There are proposals for “safe harbor” regulations to permit AI training across copyrighted works without licensing fees, though opposition remains from creative industries fearing further disruption to their business models. The European Union’s newly approved AI Act just enshrined transparency requirements for models trained on copyrighted data but it’s the first and only major active AI legislation in the world.
OpenAI Justifies the Use of Copyrighted Materials by Comparing it to Human Education
As OpenAI proclaims its publishing partnerships as mutually beneficial collaborations promoting quality journalism, the ethical debate continues over how to ensure an equitable AI ecosystem. The company maintains that its intent is simply to enable its systems to better comprehend and analyze the world’s information for the benefit of users.
“Just as humans obtain a broad education to learn how to solve new problems, we want our AI models to observe the range of the world’s information, including from every language, culture, and industry.”, OpenAI stated to justify its activities and practices.

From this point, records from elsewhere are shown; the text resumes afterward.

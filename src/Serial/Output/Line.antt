-- ===== src/Serial/Output/Line.antt =====
-- A printed exit code is read back from its line (forge-executor/src/firecracker.rs).
use apeiron.Base.{◌<◌, ◌≡◌, refl, some, [], ◌∷◌, ◌++◌, arith, Bytes, Text, All}
use apeiron.Base.Int.{ℤ, IsI32}
use apeiron.Base.Outcome.{value}
use apeiron.Std.Utf8.{from_utf8-ascii, IsAscii}
use apeiron.Std.Trim.{trim_visible}
use apeiron.Std.Decimal.{show_i32}
use apeiron.Std.Decimal.RoundTrip.{parse_i32-show_i32, show_i32-visible}
use apeiron.Serial.Search.Find.{starts_with}
use apeiron.Serial.Search.Split.{after}
use apeiron.Serial.Output.{crlf, exit_marker, extract_exit_code, parse_line}
use apeiron.Serial.Output.Sections.{extract_exit_code_lem, first_line}

pub first_line-append :
    (s rest : Bytes) → All (λ c. (32 < c) × (c < 127)) s → first_line (s ++ 13 ∷ rest) ≡ s
unfolding first_line
first_line-append [] rest h = refl
first_line-append (c ∷ s) rest (hc, h) = ground (arith, first_line-append s rest h)

visible-IsAscii : (s : Text) → All (λ c. (32 < c) × (c < 127)) s → IsAscii s
visible-IsAscii [] h = tt
visible-IsAscii (c ∷ s) (hc, h) = (omega arith, visible-IsAscii s h)

pub parse_line-show_i32 : (v : ℤ) → IsI32 v → parse_line (show_i32 v) ≡ some v
unfolding parse_line
parse_line-show_i32 v h =
    let s = show_i32 v in
    let vis = show_i32-visible v in
    rw (from_utf8-ascii s (visible-IsAscii s vis), trim_visible s vis) (parse_i32-show_i32 v h)

pub exit_cut : (x : Bytes) → after exit_marker (exit_marker ++ x) ≡ some x
unfolding after starts_with
exit_cut x = refl

-- The line that the init script ends with is read back, whatever the exit code.
pub extract_exit_code-printed :
    (v : ℤ) → IsI32 v → extract_exit_code (exit_marker ++ (show_i32 v ++ crlf)) ≡ value (some v)
extract_exit_code-printed v h =
    rw
      (
        extract_exit_code_lem (exit_marker ++ (show_i32 v ++ crlf)),
        exit_cut (show_i32 v ++ crlf),
        first_line-append (show_i32 v) (10 ∷ []) (show_i32-visible v),
        parse_line-show_i32 v h,
      )
      refl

With deals like those announced yesterday, major publishers appear willing to embrace that vision and work within the AI paradigm, seeking a sustainable path alongside the rapidly advancing technology.
However, a myriad of challenges continues to plague the advancement of AI to new levels of knowledge due to the increasing number of publishers who are actively refusing to go along. This could ultimately force a reckoning over AI’s relationship with intellectual property and open access to data.